The big breakthrough came in the 1980s when methotrexate, a drug that was already being used in higher doses to treat leukemia, became the standard treatment for RA patients.
Current RA treatment
Today, if you're a newly diagnosed rheumatoid arthritis patient, you are treated almost like a cancer patient, with a cocktail of medications to fight the disease from many different angles at once. Methotrexate is still at the core of most treatment regimens, along with other disease-modifying antirheumatic drugs (DMARDs) and glucocorticosteriods (like prednisolone).

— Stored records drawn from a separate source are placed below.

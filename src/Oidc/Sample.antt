-- ===== src/Oidc/Sample.antt =====
-- A small identity provider: its tokens are their parts, and every signature fits.
use homepad_api.Base.{true, [], ◌∷◌, none, some, codes, text_eq}
use homepad_api.Base.Int.{pos}
use homepad_api.Oidc.{Config, Provider, Net, Jwk}
use homepad_api.Oidc.Verify.{Jose, single}

abbrev pub config : Config
config = record {
  enabled = true;
  discovery_url = codes "http://id/config";
  issuer = codes "http://id";
  client_id = codes "homepad";
  client_secret = codes "secret";
  redirect_url = codes "http://homepad/callback";
  admin_group = codes "admins";
  scopes = [];
}

abbrev key : Jwk
key = record { kid = codes "k"; kty = codes "RSA"; n = codes "n"; e = codes "e" }

abbrev pub net : Net
net = record {
  metadata_at = λ url. some (
    200,
    some (record {
      auth_endpoint = codes "a";
      token_endpoint = codes "t";
      userinfo_url = [];
      jwks_uri = codes "j";
    }),
  );
  tokens_at =
      λ url form. some (200, some (record { id_token = codes "h.p.s"; access_token = codes "x" }));
  userinfo_at = λ url token. none;
  jwks_at = λ url. some (200, some (key ∷ []));
  with_query = λ url query. some url;
}

abbrev pub jose : Jose
jose = record {
  decode = λ t. some t;
  header_of = λ bytes. some (record { alg = codes "RS256"; kid = codes "k" });
  claims_of = λ bytes. some (record {
    iss = codes "http://id";
    aud = single (codes "homepad");
    exp = pos 60;
    nonce = codes "n1";
    email = codes "ada@example.org";
    groups = codes "admins" ∷ [];
  });
  verifies = λ k input sig. true;
  challenge = λ v. v;
}

abbrev pub provider : Provider
provider = record { cfg = config; meta = none; keys = [] }
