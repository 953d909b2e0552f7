-- ===== src/Api/Oidc/Tests.antt =====
-- Ada's sign-in with the small identity provider.
use homepad_api.Base.{◌≡◌, refl, true, false, ◌||◌, [], ◌∷◌, none, is_ok, err, codes, ◌==◌, text_eq}
use homepad_api.Samples.{ext, start}
use homepad_api.Session.{clock_now}
use homepad_api.Oidc.Pending.{take}
use homepad_api.Oidc.Sample.{config, net, jose, provider}
use homepad_api.Api.{error, Request, Server, registration_closed}
use homepad_api.Api.Oidc.{Oidc, handle_oidc_callback}
use homepad_api.Api.Oidc.Callback.{SignedIn, handle_oidc_callback-SignedIn}

abbrev server : Server
server = record { ext = ext; cookie_secure = true; registration = registration_closed }

abbrev browser : Request
browser = record { cookie = none; id = ""; sid = ""; user_agent = [] }

abbrev under_way : Oidc
under_way = record {
  config = config;
  provider = provider;
  pending = record {
    entries =
        (codes "s", record { verifier = codes "v"; nonce = codes "n1"; expires = 600000000000 })
        ∷ [];
    ttl = 600000000000;
  };
}

signed_in :
    is_ok (handle_oidc_callback server net jose browser (codes "s") (codes "c") under_way start).0
    ≡ true
unfolding handle_oidc_callback clock_now
signed_in = refl

handle_oidc_callback-SignedIn_example :
    (is_ok (handle_oidc_callback server net jose browser (codes "s") (codes "c") under_way start).0
        ≡ true
      → SignedIn server net jose (codes "s") (codes "c") under_way start)
    × ((codes "s" == [] || codes "c" == []) ≡ false
        → (handle_oidc_callback server net jose browser
            (codes "s")
            (codes "c")
            under_way
            start).2.pending
          ≡ (take start.clock (codes "s") under_way.pending).1)
    × ((codes "s" == [] || codes "c" == []) ≡ true
        → handle_oidc_callback server net jose browser (codes "s") (codes "c") under_way start
          ≡ (err (error "missing state or code" 400), start, under_way))
handle_oidc_callback-SignedIn_example =
    handle_oidc_callback-SignedIn server net jose browser (codes "s") (codes "c") under_way start
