-- ===== src/Storage/Settings.antt =====
-- internal/storage/system_settings.go: the row of the system's settings.
use homepad_api.Base.{true, none, some, ok}
use homepad_api.Storage.{StoreErr, SystemSettings, Act, statement, query}

abbrev pub default_system_settings : SystemSettings
default_system_settings = record { show_uptime_display = true; status_degraded_ms = none }

unfoldable pub system_settings : Act StoreErr SystemSettings
unfolding statement
system_settings =
    query (λ db. ok (elim db.settings [ none ↦ default_system_settings | some s ↦ s ]))

unfoldable pub upsert_system_settings : SystemSettings → Act StoreErr SystemSettings
unfolding statement
upsert_system_settings s = statement (λ db. (ok s, record db { settings = some s }))
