-- ===== src/Api/Settings.antt =====
-- internal/api/system.go, and handleStatusRefresh of services.go: the handlers that use the poller,
-- which they take and give back.
pub mod Threshold
use homepad_api.Base.{
  ℕ, ◌*◌, ◌/◌, String, Bool, true, false, not, ◌&&◌, ◌||◌, List, [], ◌∷◌, Option, none, some,
  Result, ok, err, ltb, if◌then◌else◌,
}
use homepad_api.Base.Int.{ℤ, pos, negsuc}
use homepad_api.Gatus.{Poller, Answer, Snapshot, set_degraded_after, poll_now, millisecond}
use homepad_api.Storage.{StoreErr, SystemSettings, Act, World, pure, throw, ◌>>=◌, ◌>>◌, statement}
use homepad_api.Storage.Settings.{system_settings, upsert_system_settings}
use homepad_api.Api.{
  Response, Handler, Request, Server, or_fail, error, write_json, internal_error, config, refreshed,
  unreachable,
}
use homepad_api.Api.Auth.{refuse_if}
use homepad_api.Api.Catalog.{decoded}
use homepad_api.Api.Sessions.{require_user, require_admin}

abbrev pub max_status_degraded_ms : ℕ
max_status_degraded_ms = 600000

abbrev pub Running : Type 0
Running = Poller String

-- The body of `systemConfigView`.
unfoldable pub to_system_config_view : Running → SystemSettings → Response
to_system_config_view poller cfg = write_json 200 (
    config cfg.show_uptime_display
      (elim cfg.status_degraded_ms [ none ↦ poller.degraded_after / millisecond | some ms ↦ ms ]))

unfoldable pub handle_system_config : Running → Handler
unfolding system_settings to_system_config_view
handle_system_config poller =
    or_fail system_settings (λ e. internal_error) >>= λ cfg. pure (to_system_config_view poller cfg)

pub record SettingsPatch : Type 0 where
  pub show_uptime_display : Option Bool
  pub status_degraded_ms : Option ℤ

-- `*ms < 0 || *ms > maxStatusDegradedMs`
abbrev pub out_of_bounds : Option ℤ → Bool
out_of_bounds none = false
out_of_bounds (some (pos n)) = ltb max_status_degraded_ms n
out_of_bounds (some (negsuc n)) = true

-- The patch over the current values.
abbrev pub merged : SettingsPatch → SystemSettings → SystemSettings
merged b cur = record {
  show_uptime_display = elim b.show_uptime_display [ none ↦ cur.show_uptime_display | some v ↦ v ];
  status_degraded_ms = elim b.status_degraded_ms [
    | none ↦ cur.status_degraded_ms
    | some ms ↦ elim ms [ pos n ↦ some n | negsuc n ↦ cur.status_degraded_ms ]
  ];
}

-- The poller runs with the saved threshold at once.
abbrev pub applied : SystemSettings → Running → Running
applied saved poller = elim saved.status_degraded_ms [
  | none ↦ poller
  | some ms ↦ set_degraded_after (ms * millisecond) poller
]

unfoldable pub handle_patch_system_settings :
    Server → Running → Request → Option SettingsPatch → Act Response (Response × Running)
unfolding require_admin system_settings upsert_system_settings set_degraded_after
    to_system_config_view
handle_patch_system_settings server poller req body = require_admin server req >>= λ admin.
    decoded body >>= λ b.
    refuse_if (out_of_bounds b.status_degraded_ms)
      (error "statusDegradedMs must be between 0 and 600000" 400)
    >> or_fail system_settings (λ e. internal_error)
    >>= λ cur. or_fail (upsert_system_settings (merged b cur)) (λ e. internal_error) >>= λ saved.
        pure (to_system_config_view (applied saved poller) saved, applied saved poller)

-- `PollNow`: the answer tells whether Gatus was reached, and carries the `as_of` that stands.
unfoldable pub handle_status_refresh :
    Server → Answer String → Running → Request → Act Response (Response × Running)
unfolding require_user poll_now
handle_status_refresh server answer poller req = require_user server req >>= λ u.
    let r = poll_now answer poller in
    pure (
      if r.0.1
      then (write_json 200 (refreshed r.0.0.as_of), r.1)
      else (write_json 503 (unreachable r.0.0.as_of), r.1))
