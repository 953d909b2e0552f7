-- ===== src/Api/Settings/Threshold.antt =====
-- The threshold of a slow answer, through handlePatchSystemSettings of internal/api/system.go.
use homepad_api.Base.{Bool, true, false, Option, none, some, ◌≡◌, arith, ltb, if◌then◌else◌}
use homepad_api.Storage.{SystemSettings, World, statement}
use homepad_api.Storage.Settings.{system_settings, upsert_system_settings}
use homepad_api.Api.{Request, Server}
use homepad_api.Api.Sessions.{require_admin, require_user}
use homepad_api.Api.Sessions.Authentication.{current_user-SameRows}
use homepad_api.Api.Settings.{
  SettingsPatch, Running, handle_patch_system_settings, max_status_degraded_ms,
}

-- A threshold that is stored is at most ten minutes.
abbrev pub bounded : Option SystemSettings → Bool
bounded none = true
bounded (some s) = elim s.status_degraded_ms [
  | none ↦ true
  | some ms ↦ if ltb max_status_degraded_ms ms then false else true
]

-- If the stored threshold is within its bounds, ten minutes at most, then no patch of the
-- settings, whoever sends it and whatever it holds, takes it out of them.
pub handle_patch_system_settings-bounded :
    (server : Server) (poller : Running) (req : Request) (body : Option SettingsPatch) (w : World)
    → bounded w.db.settings ≡ true
    → bounded (handle_patch_system_settings server poller req body w).1.db.settings ≡ true
unfolding handle_patch_system_settings require_admin require_user system_settings
    upsert_system_settings statement
handle_patch_system_settings-bounded server poller req body w before =
    ground (arith, before, current_user-SameRows server req w)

Potential RA treatments and prevention
New studies point to the future of RA treatment and possible prevention. Just last week the Annals of Rheumatic Diseases published a study showing one way rheumatoid arthritis is biochemically triggered in patients who are genetically predisposed to the disease.2
The hallmark of RA is the swelling and inflammation of a joint’s lining, or synovium. This swelling and inflammation occurs when different cells collect in the joint. These cells need oxygen to live, requiring the formation of abnormal blood vessels.
The study’s researchers say that when two proteins, CCL28 and its receptor CCR10, are present in a joint and marry together they promote the formation of abnormal blood vessels.
These new blood vessels set the stage for the amassing of cells, swelling and inflammation associated with rheumatoid arthritis.
What does this mean for future RA treatment? Doctors hope that if they can prevent the two proteins from ever meeting, they can prevent the cascade of events that lead to RA.
Preventing rheumatoid arthritis before it begins? That beats the heck out of aspirin and bed rest.
1 University of California Television (UCTV). June 12, 2008. Rheumatoid Arthritis: Part I, The Coming of Age Lecture Series (lecture with Dr. Michael Weisman, Show ID: 14860). Retrieved May 23, 2014 from https://www.youtube.com/watch?v=djZfEi-ztVQ
2 Chen Z, Kim SJ, Essani AB, Volin MV, Vila OM, Swedler W, Arami S, Volkov S, Sardin LV, Sweiss N, et al. Characterising the expression and function of CCL28 and its corresponding receptor, CCR10, in RA pathogenesis. Ann Rheum Dis. 2014 May 15. pii: annrheumdis-2013-204530. doi: 10.1136/annrheumdis-2013-204530. [Epub ahead of print] PubMed PMID: 24833787.